_Your task_
The required output is the exact run of lines below that opens at the line with "pending_connections = 0;" and closes at the line with "drain_rounds zero w".
Material supplied below:
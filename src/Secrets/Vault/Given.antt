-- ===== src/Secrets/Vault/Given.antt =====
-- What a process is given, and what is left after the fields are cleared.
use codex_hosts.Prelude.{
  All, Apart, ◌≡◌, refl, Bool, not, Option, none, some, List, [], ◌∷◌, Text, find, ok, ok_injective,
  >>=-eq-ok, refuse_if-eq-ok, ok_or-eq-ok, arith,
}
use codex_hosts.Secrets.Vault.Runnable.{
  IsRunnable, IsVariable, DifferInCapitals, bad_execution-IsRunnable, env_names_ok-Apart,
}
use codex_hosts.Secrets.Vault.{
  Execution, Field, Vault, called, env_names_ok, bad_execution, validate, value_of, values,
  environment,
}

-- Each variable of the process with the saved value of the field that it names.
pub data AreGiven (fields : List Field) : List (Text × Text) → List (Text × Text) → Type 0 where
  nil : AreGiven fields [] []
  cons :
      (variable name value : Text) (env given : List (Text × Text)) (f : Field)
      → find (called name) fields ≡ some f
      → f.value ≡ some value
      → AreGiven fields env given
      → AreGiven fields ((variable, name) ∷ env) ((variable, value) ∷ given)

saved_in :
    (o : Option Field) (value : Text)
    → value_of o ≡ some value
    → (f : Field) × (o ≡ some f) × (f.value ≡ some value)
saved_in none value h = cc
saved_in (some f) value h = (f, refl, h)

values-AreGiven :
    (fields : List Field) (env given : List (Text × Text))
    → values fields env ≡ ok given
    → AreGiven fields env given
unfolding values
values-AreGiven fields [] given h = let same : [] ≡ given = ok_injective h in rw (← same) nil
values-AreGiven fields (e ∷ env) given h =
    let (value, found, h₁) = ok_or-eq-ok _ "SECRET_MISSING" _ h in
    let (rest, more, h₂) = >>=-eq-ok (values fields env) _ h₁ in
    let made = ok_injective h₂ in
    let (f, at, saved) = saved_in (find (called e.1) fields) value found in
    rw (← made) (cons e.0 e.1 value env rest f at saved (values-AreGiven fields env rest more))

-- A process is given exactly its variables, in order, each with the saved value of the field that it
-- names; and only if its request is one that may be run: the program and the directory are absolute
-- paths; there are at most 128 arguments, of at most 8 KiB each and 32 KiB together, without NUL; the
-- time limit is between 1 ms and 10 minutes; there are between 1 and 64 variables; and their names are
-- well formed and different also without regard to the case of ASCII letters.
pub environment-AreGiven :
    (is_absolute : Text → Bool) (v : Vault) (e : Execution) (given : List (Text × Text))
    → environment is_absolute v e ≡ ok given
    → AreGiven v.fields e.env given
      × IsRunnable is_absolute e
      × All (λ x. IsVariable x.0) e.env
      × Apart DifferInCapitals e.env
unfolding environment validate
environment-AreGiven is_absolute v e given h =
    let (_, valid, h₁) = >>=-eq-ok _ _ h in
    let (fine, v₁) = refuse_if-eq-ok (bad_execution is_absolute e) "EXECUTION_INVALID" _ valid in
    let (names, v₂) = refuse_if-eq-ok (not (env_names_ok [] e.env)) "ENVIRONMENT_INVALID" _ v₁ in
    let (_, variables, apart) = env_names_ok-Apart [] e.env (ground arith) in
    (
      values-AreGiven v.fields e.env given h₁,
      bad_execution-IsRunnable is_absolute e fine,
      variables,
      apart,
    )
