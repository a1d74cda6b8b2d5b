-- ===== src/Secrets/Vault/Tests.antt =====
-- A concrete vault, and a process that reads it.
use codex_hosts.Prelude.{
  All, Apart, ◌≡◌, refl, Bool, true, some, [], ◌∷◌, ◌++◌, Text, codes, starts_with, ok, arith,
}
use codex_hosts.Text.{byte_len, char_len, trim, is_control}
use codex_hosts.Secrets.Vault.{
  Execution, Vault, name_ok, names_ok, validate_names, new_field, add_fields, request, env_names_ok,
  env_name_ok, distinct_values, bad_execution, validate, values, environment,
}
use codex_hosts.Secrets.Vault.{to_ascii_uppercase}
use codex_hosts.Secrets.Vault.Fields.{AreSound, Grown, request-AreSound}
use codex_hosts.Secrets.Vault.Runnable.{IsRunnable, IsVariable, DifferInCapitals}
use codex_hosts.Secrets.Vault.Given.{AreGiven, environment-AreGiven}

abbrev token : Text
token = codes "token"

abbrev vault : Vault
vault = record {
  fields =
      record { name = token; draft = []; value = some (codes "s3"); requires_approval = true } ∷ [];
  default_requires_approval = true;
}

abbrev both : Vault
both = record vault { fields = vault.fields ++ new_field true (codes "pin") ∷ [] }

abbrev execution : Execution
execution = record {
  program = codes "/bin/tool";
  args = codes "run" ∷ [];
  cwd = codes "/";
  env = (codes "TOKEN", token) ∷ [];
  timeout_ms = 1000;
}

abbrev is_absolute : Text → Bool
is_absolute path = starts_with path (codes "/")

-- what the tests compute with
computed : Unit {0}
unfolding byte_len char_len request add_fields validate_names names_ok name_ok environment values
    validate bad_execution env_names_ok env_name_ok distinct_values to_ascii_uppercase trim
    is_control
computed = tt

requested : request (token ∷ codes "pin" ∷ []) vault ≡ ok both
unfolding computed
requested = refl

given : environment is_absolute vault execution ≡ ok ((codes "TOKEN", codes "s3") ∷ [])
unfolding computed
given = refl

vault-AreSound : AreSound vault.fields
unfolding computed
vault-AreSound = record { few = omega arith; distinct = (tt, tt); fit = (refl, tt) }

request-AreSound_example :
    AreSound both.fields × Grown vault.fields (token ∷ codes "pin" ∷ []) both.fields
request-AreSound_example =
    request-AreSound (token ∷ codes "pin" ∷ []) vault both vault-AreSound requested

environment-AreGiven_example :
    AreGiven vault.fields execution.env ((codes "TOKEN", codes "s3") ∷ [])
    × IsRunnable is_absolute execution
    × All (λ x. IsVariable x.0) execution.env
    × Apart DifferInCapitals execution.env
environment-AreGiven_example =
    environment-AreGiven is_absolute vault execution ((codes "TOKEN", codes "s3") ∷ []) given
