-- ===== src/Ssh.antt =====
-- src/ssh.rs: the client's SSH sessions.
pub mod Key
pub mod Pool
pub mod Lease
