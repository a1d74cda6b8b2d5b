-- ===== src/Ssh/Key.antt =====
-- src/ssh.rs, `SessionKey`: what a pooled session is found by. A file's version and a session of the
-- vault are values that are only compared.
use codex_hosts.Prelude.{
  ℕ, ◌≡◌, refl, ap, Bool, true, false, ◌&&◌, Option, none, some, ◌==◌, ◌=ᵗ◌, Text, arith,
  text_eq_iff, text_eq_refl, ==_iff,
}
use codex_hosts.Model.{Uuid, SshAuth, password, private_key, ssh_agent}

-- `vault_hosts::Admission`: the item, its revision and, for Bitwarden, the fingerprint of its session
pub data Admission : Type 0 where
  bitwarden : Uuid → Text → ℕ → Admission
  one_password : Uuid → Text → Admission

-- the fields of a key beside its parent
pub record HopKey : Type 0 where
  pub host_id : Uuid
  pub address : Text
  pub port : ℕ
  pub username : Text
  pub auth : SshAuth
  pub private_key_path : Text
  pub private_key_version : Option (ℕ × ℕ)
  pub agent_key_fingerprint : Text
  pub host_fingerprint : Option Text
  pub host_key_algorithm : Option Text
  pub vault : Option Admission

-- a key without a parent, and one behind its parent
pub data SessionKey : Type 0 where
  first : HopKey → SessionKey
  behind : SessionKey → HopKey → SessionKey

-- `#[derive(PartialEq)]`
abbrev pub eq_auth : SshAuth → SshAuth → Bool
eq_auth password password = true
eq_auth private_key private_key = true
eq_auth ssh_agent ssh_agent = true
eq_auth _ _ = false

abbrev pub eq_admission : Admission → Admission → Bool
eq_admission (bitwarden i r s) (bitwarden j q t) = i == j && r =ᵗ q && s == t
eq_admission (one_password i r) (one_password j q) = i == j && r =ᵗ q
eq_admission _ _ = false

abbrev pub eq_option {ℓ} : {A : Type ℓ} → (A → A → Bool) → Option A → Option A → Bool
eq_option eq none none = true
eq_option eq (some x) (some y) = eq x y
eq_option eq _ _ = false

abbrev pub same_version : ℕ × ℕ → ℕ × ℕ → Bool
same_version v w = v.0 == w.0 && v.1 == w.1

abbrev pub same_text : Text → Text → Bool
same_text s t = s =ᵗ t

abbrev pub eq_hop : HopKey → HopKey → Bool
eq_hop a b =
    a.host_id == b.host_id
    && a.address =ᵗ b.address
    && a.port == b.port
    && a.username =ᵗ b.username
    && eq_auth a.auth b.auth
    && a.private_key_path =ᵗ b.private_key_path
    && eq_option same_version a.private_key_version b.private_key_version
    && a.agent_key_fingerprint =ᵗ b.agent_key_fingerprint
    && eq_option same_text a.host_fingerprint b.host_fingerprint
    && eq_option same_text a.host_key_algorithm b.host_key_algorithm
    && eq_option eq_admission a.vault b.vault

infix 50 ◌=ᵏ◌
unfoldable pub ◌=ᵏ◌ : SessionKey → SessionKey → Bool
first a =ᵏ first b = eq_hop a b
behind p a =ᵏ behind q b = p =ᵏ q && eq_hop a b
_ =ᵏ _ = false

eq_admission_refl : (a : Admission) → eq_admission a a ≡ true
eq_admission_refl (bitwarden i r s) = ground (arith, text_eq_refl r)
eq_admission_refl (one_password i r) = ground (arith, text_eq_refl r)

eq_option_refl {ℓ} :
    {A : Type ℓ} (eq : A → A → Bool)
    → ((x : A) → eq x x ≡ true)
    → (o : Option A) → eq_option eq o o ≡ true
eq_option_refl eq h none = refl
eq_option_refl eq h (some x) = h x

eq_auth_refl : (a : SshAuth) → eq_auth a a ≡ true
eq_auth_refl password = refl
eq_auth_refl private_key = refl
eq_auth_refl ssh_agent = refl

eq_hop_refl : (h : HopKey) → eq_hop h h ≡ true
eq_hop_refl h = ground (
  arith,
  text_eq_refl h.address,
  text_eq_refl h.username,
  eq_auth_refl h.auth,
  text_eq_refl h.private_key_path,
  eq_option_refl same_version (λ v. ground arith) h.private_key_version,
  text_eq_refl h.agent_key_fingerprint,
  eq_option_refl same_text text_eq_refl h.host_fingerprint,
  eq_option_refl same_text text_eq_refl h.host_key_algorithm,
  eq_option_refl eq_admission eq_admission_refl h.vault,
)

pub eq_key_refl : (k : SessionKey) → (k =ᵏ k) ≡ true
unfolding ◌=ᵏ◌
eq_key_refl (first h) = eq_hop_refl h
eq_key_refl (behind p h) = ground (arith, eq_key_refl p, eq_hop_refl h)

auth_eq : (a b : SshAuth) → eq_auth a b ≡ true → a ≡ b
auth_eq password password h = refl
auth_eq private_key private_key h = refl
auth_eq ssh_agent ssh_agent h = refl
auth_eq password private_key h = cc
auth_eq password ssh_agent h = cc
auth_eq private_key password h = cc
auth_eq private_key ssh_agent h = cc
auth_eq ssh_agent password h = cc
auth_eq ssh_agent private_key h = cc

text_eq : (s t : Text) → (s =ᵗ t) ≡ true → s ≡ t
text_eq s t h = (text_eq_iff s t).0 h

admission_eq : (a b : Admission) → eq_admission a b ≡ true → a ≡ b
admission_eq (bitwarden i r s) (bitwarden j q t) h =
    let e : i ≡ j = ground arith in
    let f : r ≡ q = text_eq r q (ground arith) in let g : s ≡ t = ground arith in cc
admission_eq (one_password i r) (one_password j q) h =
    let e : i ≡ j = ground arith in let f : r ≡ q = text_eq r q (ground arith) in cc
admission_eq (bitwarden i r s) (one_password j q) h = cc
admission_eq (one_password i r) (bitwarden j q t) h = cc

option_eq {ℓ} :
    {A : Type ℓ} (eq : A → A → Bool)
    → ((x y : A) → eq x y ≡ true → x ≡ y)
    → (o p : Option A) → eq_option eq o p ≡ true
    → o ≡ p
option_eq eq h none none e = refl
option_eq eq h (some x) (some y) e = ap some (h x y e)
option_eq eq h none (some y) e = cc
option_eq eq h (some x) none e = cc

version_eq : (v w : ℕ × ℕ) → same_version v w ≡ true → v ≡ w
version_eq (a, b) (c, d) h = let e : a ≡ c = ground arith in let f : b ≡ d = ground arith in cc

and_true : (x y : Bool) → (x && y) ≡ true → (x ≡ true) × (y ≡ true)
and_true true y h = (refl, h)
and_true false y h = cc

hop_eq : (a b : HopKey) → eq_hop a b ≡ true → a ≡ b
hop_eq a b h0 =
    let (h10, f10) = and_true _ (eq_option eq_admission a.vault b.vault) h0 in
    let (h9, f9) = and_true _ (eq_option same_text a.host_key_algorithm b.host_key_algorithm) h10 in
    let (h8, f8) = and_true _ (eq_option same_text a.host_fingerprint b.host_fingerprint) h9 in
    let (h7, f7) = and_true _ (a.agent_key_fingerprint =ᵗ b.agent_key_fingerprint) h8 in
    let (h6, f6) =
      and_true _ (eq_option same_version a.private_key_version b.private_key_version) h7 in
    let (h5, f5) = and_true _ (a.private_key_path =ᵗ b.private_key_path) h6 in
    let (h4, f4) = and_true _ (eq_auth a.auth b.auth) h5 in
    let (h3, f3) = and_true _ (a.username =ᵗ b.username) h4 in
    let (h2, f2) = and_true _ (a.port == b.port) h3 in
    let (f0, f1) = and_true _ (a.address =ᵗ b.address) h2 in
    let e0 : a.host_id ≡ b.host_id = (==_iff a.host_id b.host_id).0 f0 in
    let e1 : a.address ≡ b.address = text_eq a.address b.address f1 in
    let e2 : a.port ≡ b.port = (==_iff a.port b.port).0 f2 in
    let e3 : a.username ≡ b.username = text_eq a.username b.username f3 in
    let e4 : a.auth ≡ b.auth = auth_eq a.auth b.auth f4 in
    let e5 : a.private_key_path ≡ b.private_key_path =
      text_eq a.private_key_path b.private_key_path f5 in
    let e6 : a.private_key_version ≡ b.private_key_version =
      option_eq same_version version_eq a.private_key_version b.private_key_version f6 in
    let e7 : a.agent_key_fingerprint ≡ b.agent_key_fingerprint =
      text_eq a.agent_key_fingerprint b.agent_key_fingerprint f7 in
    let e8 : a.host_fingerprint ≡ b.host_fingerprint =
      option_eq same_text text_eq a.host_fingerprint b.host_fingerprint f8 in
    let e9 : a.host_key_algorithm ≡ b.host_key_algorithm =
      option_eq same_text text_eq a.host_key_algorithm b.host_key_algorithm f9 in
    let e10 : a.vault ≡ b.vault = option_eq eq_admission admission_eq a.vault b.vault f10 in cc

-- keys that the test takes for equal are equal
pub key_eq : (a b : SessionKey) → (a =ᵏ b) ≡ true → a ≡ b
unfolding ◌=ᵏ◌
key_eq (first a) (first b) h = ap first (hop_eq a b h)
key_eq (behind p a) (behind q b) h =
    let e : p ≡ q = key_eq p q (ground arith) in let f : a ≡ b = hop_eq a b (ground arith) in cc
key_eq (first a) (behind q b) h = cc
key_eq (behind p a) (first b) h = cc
End of Material supplied.
Material supplied below:
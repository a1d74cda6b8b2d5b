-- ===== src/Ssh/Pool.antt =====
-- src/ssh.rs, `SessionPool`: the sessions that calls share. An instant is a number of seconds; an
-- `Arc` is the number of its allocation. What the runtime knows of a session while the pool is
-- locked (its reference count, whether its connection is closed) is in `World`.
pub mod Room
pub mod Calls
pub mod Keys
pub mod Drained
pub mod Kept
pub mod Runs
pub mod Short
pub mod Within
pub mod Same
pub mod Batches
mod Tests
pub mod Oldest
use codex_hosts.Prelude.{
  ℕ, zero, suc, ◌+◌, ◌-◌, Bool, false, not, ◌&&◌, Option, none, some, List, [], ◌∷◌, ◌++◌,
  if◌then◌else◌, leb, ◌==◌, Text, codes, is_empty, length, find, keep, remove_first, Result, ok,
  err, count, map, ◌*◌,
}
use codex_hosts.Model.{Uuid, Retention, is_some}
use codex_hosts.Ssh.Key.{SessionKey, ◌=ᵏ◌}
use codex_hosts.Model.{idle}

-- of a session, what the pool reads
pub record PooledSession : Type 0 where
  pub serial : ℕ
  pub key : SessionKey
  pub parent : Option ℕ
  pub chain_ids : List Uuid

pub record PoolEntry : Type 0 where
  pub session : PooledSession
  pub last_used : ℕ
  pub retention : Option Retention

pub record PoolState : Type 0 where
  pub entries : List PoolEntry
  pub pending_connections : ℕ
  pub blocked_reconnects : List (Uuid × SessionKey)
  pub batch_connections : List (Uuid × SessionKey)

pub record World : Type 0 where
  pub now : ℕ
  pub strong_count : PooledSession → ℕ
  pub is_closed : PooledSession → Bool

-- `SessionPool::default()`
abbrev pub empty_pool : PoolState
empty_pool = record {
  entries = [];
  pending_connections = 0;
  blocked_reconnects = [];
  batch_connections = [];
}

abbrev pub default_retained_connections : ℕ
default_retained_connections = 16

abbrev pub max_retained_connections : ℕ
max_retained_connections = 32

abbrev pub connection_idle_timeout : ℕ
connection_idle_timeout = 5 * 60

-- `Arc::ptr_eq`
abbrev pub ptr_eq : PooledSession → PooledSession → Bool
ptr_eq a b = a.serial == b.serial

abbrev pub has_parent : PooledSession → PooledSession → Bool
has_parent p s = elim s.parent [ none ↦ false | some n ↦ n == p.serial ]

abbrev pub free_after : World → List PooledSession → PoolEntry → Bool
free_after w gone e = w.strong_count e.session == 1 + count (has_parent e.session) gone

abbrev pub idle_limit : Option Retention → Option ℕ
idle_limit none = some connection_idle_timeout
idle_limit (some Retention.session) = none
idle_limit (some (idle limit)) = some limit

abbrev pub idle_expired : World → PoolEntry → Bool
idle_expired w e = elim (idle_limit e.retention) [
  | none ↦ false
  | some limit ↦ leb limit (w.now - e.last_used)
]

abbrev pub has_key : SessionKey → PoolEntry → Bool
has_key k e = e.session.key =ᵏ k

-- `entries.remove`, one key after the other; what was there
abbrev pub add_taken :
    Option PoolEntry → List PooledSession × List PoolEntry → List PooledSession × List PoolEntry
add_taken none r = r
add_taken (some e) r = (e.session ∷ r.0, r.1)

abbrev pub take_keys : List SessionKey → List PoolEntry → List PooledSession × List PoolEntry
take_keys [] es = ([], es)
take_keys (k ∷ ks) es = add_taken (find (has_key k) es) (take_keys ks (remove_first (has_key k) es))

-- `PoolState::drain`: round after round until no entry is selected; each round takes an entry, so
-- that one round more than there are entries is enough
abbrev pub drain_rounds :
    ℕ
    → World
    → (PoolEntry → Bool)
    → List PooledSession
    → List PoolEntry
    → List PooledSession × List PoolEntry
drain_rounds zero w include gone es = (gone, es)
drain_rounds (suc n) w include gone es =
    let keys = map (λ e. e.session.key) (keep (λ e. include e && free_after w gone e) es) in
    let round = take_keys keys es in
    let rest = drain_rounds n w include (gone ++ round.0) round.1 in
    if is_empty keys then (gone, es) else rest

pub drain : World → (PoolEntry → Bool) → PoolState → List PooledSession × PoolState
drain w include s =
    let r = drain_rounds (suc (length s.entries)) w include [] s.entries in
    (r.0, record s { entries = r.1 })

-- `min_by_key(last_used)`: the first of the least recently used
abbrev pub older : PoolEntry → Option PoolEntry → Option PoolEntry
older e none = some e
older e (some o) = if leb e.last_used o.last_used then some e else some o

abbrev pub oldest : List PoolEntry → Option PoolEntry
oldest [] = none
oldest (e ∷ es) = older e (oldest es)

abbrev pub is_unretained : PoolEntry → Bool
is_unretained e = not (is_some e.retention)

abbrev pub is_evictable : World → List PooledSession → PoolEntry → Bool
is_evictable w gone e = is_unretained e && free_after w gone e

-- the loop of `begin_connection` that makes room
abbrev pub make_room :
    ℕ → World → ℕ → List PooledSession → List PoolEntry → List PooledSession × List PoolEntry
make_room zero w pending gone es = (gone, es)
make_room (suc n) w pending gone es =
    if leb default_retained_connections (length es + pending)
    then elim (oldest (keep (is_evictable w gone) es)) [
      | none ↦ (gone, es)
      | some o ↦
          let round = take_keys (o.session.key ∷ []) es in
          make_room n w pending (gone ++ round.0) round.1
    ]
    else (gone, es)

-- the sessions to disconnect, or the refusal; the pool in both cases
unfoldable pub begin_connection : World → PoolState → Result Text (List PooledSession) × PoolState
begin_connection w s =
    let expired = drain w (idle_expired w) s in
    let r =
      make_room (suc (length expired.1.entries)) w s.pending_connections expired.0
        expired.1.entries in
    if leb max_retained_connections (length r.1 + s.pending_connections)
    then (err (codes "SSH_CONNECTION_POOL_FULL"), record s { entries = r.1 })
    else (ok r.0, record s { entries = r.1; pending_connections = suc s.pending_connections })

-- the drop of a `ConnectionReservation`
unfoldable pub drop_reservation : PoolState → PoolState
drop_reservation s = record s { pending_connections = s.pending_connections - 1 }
End of Material supplied.
Material supplied below:
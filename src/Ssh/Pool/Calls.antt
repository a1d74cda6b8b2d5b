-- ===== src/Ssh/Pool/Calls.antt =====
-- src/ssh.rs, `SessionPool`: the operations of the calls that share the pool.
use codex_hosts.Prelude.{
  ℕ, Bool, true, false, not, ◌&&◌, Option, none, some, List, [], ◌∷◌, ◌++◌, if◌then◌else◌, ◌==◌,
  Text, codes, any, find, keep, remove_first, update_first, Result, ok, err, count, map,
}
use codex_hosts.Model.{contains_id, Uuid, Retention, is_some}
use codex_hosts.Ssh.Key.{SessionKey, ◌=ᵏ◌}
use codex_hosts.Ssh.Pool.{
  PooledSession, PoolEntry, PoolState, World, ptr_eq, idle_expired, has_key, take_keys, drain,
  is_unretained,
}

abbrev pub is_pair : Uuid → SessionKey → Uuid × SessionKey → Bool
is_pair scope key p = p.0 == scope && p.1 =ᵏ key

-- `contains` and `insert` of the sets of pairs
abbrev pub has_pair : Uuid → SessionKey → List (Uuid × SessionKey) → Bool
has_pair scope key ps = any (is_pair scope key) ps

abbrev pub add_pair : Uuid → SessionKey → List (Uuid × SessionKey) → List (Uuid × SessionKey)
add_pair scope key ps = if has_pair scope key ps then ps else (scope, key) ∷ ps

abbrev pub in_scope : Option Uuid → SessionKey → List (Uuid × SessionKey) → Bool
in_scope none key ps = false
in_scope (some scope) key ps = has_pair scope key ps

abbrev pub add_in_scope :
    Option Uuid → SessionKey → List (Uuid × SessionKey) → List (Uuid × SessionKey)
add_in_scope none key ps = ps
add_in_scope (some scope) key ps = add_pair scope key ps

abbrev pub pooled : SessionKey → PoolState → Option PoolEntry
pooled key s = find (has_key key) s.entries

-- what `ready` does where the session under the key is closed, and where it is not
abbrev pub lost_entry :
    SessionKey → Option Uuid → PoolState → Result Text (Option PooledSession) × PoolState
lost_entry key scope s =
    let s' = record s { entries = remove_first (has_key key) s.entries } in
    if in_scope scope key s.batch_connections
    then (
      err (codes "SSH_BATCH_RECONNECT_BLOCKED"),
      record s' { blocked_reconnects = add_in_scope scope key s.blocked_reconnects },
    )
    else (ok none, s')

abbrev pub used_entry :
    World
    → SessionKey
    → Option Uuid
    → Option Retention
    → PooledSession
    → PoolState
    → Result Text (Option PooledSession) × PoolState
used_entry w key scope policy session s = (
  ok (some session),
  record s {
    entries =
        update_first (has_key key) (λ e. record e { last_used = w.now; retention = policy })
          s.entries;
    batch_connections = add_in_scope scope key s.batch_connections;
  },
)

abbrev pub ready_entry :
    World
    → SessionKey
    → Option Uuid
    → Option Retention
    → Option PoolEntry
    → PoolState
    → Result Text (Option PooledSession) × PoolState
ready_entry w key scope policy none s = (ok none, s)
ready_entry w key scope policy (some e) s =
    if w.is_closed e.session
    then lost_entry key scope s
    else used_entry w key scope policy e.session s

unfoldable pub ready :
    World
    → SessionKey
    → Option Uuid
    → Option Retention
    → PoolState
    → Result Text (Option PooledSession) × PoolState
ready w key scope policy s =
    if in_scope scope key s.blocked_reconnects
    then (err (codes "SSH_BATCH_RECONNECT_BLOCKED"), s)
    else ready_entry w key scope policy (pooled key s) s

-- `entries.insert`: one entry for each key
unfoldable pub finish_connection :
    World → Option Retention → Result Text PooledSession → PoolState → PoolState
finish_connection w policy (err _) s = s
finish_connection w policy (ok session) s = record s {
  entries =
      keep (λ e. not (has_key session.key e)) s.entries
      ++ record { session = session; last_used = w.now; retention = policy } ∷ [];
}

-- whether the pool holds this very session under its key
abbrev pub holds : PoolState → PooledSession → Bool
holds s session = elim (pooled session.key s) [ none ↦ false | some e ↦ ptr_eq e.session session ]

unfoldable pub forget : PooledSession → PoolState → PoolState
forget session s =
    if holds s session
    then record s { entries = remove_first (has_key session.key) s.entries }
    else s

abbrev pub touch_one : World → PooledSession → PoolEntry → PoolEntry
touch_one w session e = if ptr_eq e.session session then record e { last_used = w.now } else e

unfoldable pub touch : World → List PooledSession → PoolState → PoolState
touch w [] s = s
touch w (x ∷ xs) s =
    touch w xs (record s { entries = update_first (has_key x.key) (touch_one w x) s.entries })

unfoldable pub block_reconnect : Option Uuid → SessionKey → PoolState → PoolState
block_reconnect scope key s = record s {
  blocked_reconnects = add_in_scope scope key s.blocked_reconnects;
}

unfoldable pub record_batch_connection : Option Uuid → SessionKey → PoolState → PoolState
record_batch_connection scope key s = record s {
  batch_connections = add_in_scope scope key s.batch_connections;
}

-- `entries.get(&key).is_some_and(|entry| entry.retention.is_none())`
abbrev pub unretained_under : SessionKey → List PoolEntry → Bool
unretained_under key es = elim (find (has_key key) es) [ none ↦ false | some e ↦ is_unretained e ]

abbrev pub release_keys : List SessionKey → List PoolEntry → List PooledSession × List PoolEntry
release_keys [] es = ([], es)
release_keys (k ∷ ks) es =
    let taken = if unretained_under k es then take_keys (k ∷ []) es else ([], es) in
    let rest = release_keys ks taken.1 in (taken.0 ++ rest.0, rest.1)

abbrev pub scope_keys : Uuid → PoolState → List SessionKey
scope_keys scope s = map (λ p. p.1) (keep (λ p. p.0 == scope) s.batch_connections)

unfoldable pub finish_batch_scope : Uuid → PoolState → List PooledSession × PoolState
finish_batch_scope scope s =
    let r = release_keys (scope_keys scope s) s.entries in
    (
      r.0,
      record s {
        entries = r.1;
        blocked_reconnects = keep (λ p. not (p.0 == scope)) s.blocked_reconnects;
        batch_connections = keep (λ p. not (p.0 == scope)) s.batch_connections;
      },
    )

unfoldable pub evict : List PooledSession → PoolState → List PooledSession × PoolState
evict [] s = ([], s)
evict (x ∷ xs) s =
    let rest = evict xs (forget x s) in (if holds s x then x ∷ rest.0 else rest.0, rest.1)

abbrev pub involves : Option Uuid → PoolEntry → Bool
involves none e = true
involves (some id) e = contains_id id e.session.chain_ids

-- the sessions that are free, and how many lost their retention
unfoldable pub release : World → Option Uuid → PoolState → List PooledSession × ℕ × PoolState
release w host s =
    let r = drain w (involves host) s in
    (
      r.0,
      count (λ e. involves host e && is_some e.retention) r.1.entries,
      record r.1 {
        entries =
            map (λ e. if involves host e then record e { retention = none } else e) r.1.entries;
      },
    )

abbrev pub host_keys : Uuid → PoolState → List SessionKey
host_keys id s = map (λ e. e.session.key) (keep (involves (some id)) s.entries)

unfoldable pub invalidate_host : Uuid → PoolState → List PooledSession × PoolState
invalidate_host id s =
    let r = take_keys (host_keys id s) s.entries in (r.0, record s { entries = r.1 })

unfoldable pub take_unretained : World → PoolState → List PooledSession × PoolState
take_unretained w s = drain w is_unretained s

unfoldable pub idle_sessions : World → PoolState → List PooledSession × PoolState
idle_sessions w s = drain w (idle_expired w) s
End of Material supplied.
_Task output_
  pending_connections = 0;
  blocked_reconnects = [];
  batch_connections = [];
}

abbrev pub default_retained_connections : ℕ
default_retained_connections = 16

abbrev pub max_retained_connections : ℕ
max_retained_connections = 32

abbrev pub connection_idle_timeout : ℕ
connection_idle_timeout = 5 * 60

-- `Arc::ptr_eq`
abbrev pub ptr_eq : PooledSession → PooledSession → Bool
ptr_eq a b = a.serial == b.serial

abbrev pub has_parent : PooledSession → PooledSession → Bool
has_parent p s = elim s.parent [ none ↦ false | some n ↦ n == p.serial ]

abbrev pub free_after : World → List PooledSession → PoolEntry → Bool
free_after w gone e = w.strong_count e.session == 1 + count (has_parent e.session) gone

abbrev pub idle_limit : Option Retention → Option ℕ
idle_limit none = some connection_idle_timeout
idle_limit (some Retention.session) = none
idle_limit (some (idle limit)) = some limit

abbrev pub idle_expired : World → PoolEntry → Bool
idle_expired w e = elim (idle_limit e.retention) [
  | none ↦ false
  | some limit ↦ leb limit (w.now - e.last_used)
]

abbrev pub has_key : SessionKey → PoolEntry → Bool
has_key k e = e.session.key =ᵏ k

-- `entries.remove`, one key after the other; what was there
abbrev pub add_taken :
    Option PoolEntry → List PooledSession × List PoolEntry → List PooledSession × List PoolEntry
add_taken none r = r
add_taken (some e) r = (e.session ∷ r.0, r.1)

abbrev pub take_keys : List SessionKey → List PoolEntry → List PooledSession × List PoolEntry
take_keys [] es = ([], es)
take_keys (k ∷ ks) es = add_taken (find (has_key k) es) (take_keys ks (remove_first (has_key k) es))

-- `PoolState::drain`: round after round until no entry is selected; each round takes an entry, so
-- that one round more than there are entries is enough
abbrev pub drain_rounds :
    ℕ
    → World
    → (PoolEntry → Bool)
    → List PooledSession
    → List PoolEntry
    → List PooledSession × List PoolEntry
drain_rounds zero w include gone es = (gone, es)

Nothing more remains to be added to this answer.